The Smurfs showed up on AGT last night, and judges Piers Morgan, Sharon Osbourne and Howie Mandel, plus host Nick Cannon, had to pretend to interact with little blue CGI figures in order to promote their new movie. See the above video if you want to see the whole clustersmurf unfold.

The look of pained pretend surprise on Cannon’s face as he announces, “Hey! It’s the Smurfs!” tells you all you need to know; you can practically hear him thinking of his paycheck and telling himself that soon this smurfmare will all be over. Meanwhile, the three judges give off a panoply of reactions: Mandel looks like he’s about to collapse laughing, Osbourne moons as if someone just gave birth to a litter of blue angels on the judges’ desk, and Morgan, bless his hammy heart, delivers the line “We’ll be the judges of that, Nick!” like a dramatic line from an Oscar clip reel.

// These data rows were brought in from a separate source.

-- ===== src/Dht/Lookup.antt =====
-- pkg/dht/lookup.go: the walk towards a key. What the network answers is a function, which says for a
-- round and a node whether a reply came; the questions of one round, which the code asks at once,
-- are folded in one after the other. `asked` is the map's keys, in the order they were put in.
pub mod Bounds
mod Tests
use vapora.Base.{
  ℕ, zero, suc, ◌+◌, ◌*◌, Bool, true, false, not, ◌&&◌, Option, none, some, List, [], ◌∷◌, ◌++◌,
  ltb, ◌==◌, if◌then◌else◌, length, take, replicate, Bytes, bytes_eq, Result, ok, err,
}
use vapora.Base.Dict.{lookup, insert}
use vapora.Net.{Ip, UdpAddr, addr_eq, contains_addr, to_4}
use vapora.Dht.Bencode.{Dict, Items, get_text, get_list}
use vapora.Dht.Node.{Node, closer, parse_nodes, parse_peers, id_size}

abbrev pub alpha : ℕ
alpha = 3

abbrev pub closest : ℕ
closest = 8

abbrev pub rounds : ℕ
rounds = 12

pub data LookupError : Type 0 where
  no_nodes not_announced : LookupError

pub record Found : Type 0 where
  pub peers : List UdpAddr
  pub near : List Node
  pub tokens : List (UdpAddr × Bytes)
  pub asked : List UdpAddr
  pub answered : ℕ

abbrev pub opt_eq : Option Bytes → Option Bytes → Bool
opt_eq none none = true
opt_eq (some a) (some b) = bytes_eq a b
opt_eq _ _ = false

-- `sameAddr` of two addresses that are there.
unfoldable pub same_addr : UdpAddr → UdpAddr → Bool
same_addr a b = a.port == b.port && opt_eq (to_4 a.ip) (to_4 b.ip)

unfoldable pub contains_same : List UdpAddr → UdpAddr → Bool
contains_same [] addr = false
contains_same (a ∷ as') addr = if same_addr a addr then true else contains_same as' addr

unfoldable pub contains_node : List Node → Node → Bool
contains_node [] node = false
contains_node (n ∷ ns) node = if same_addr n.addr node.addr then true else contains_node ns node

-- `sort.SliceStable` by `closer`: equals keep their order.
unfoldable pub sort_node : Bytes → Node → List Node → List Node
sort_node key node [] = node ∷ []
sort_node key node (n ∷ ns) =
    let later = sort_node key node ns in
    if closer n.id node.id key then n ∷ later else node ∷ n ∷ ns

unfoldable pub sort_nodes : Bytes → List Node → List Node
sort_nodes key [] = []
sort_nodes key (n ∷ ns) = sort_node key n (sort_nodes key ns)

-- The loop of `next`, with the places left in the batch.
unfoldable pub pick : List Node → ℕ → List UdpAddr → List Node × List UdpAddr
pick [] left asked = ([], asked)
pick (n ∷ ns) zero asked = ([], asked)
pick (n ∷ ns) (suc left) asked =
    let skipped = pick ns (suc left) asked in
    let (batch, asked') = pick ns left (asked ++ n.addr ∷ []) in
    if contains_addr asked n.addr then skipped else (n ∷ batch, asked')

unfoldable pub next : Bytes → Found → List Node × Found
next key f =
    let near = take (closest * 4) (sort_nodes key f.near) in
    let (batch, asked) = pick near alpha f.asked in (batch, record f { near = near; asked = asked })

unfoldable pub add_peers : List UdpAddr → List UdpAddr → List UdpAddr
add_peers known [] = known
add_peers known (p ∷ ps) = add_peers (if contains_same known p then known else known ++ p ∷ []) ps

unfoldable pub add_nodes : List Node → List Node → List Node
add_nodes known [] = known
add_nodes known (n ∷ ns) = add_nodes (if contains_node known n then known else known ++ n ∷ []) ns

unfoldable pub name_node : UdpAddr → Bytes → List Node → List Node
name_node addr id [] = []
name_node addr id (n ∷ ns) =
    (if same_addr n.addr addr then record n { id = id } else n) ∷ name_node addr id ns

unfoldable pub reply_id : Dict → Bytes
reply_id reply = elim (get_text reply (b'i' ∷ b'd' ∷ [])) [
  | none ↦ replicate id_size 0
  | some raw ↦ if length raw == id_size then raw else replicate id_size 0
]

-- `ask` once a reply is there.
unfoldable pub fold_reply : Found → Node → Dict → Found
fold_reply f node reply = record {
  peers = elim (get_list reply (b'v' ∷ b'a' ∷ b'l' ∷ b'u' ∷ b'e' ∷ b's' ∷ [])) [
    | none ↦ f.peers
    | some values ↦ add_peers f.peers (parse_peers values)
  ];
  near =
      name_node node.addr (reply_id reply)
        (elim (get_text reply (b'n' ∷ b'o' ∷ b'd' ∷ b'e' ∷ b's' ∷ [])) [
          | none ↦ f.near
          | some packed ↦ add_nodes f.near (parse_nodes packed)
        ]);
  tokens = elim (get_text reply (b't' ∷ b'o' ∷ b'k' ∷ b'e' ∷ b'n' ∷ [])) [
    | none ↦ f.tokens
    | some token ↦ insert addr_eq node.addr token f.tokens
  ];
  asked = f.asked;
  answered = f.answered + 1;
}

-- What the network says to `get_peers`, in a round, at a node.
abbrev pub Network : Type 0
Network = ℕ → Node → Option Dict

unfoldable pub ask : Found → Node → Option Dict → Found
ask f node none = f
ask f node (some reply) = fold_reply f node reply

unfoldable pub ask_all : Network → ℕ → Found → List Node → Found
ask_all network round f [] = f
ask_all network round f (n ∷ ns) = ask_all network round (ask f n (network round n)) ns

unfoldable pub search_rounds : Network → Bytes → ℕ → Found → Found
search_rounds network key zero f = f
search_rounds network key (suc left) f =
    let (batch, f') = next key f in
    let rest = search_rounds network key left (ask_all network left f' batch) in
    elim batch [ [] ↦ f' | ◌∷◌ n ns ↦ rest ]

abbrev pub start_from : List Node → Found
start_from seeds = record { peers = []; near = seeds; tokens = []; asked = []; answered = 0 }

-- `search` from the seeds that `seed` resolved; a name that resolves nowhere is skipped.
unfoldable pub search_from : Network → Bytes → List Node → Result LookupError Found
search_from network key seeds =
    if length seeds == 0
    then err no_nodes
    else ok (search_rounds network key rounds (start_from seeds))

-- `Lookup`.
unfoldable pub lookup_key : Network → Bytes → List Node → Result LookupError (List UdpAddr)
lookup_key network key seeds = elim (search_from network key seeds) [
  | err e ↦ err e
  | ok f ↦ if f.answered == 0 then err no_nodes else ok f.peers
]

It didn’t end there, though: the Smurfs re-appeared and were referenced throughout the show, most memorably when Mandel cracked, “I think this is the first time the Smurfs have done live television” and pointed to a soft-serve-ice-cream shaped pile of blue, um, smurfxcrement on the judges’ table. I had not thought it was possible to make the Smurfs more painful to watch, but congratulations, AGT: You indeed have got talent.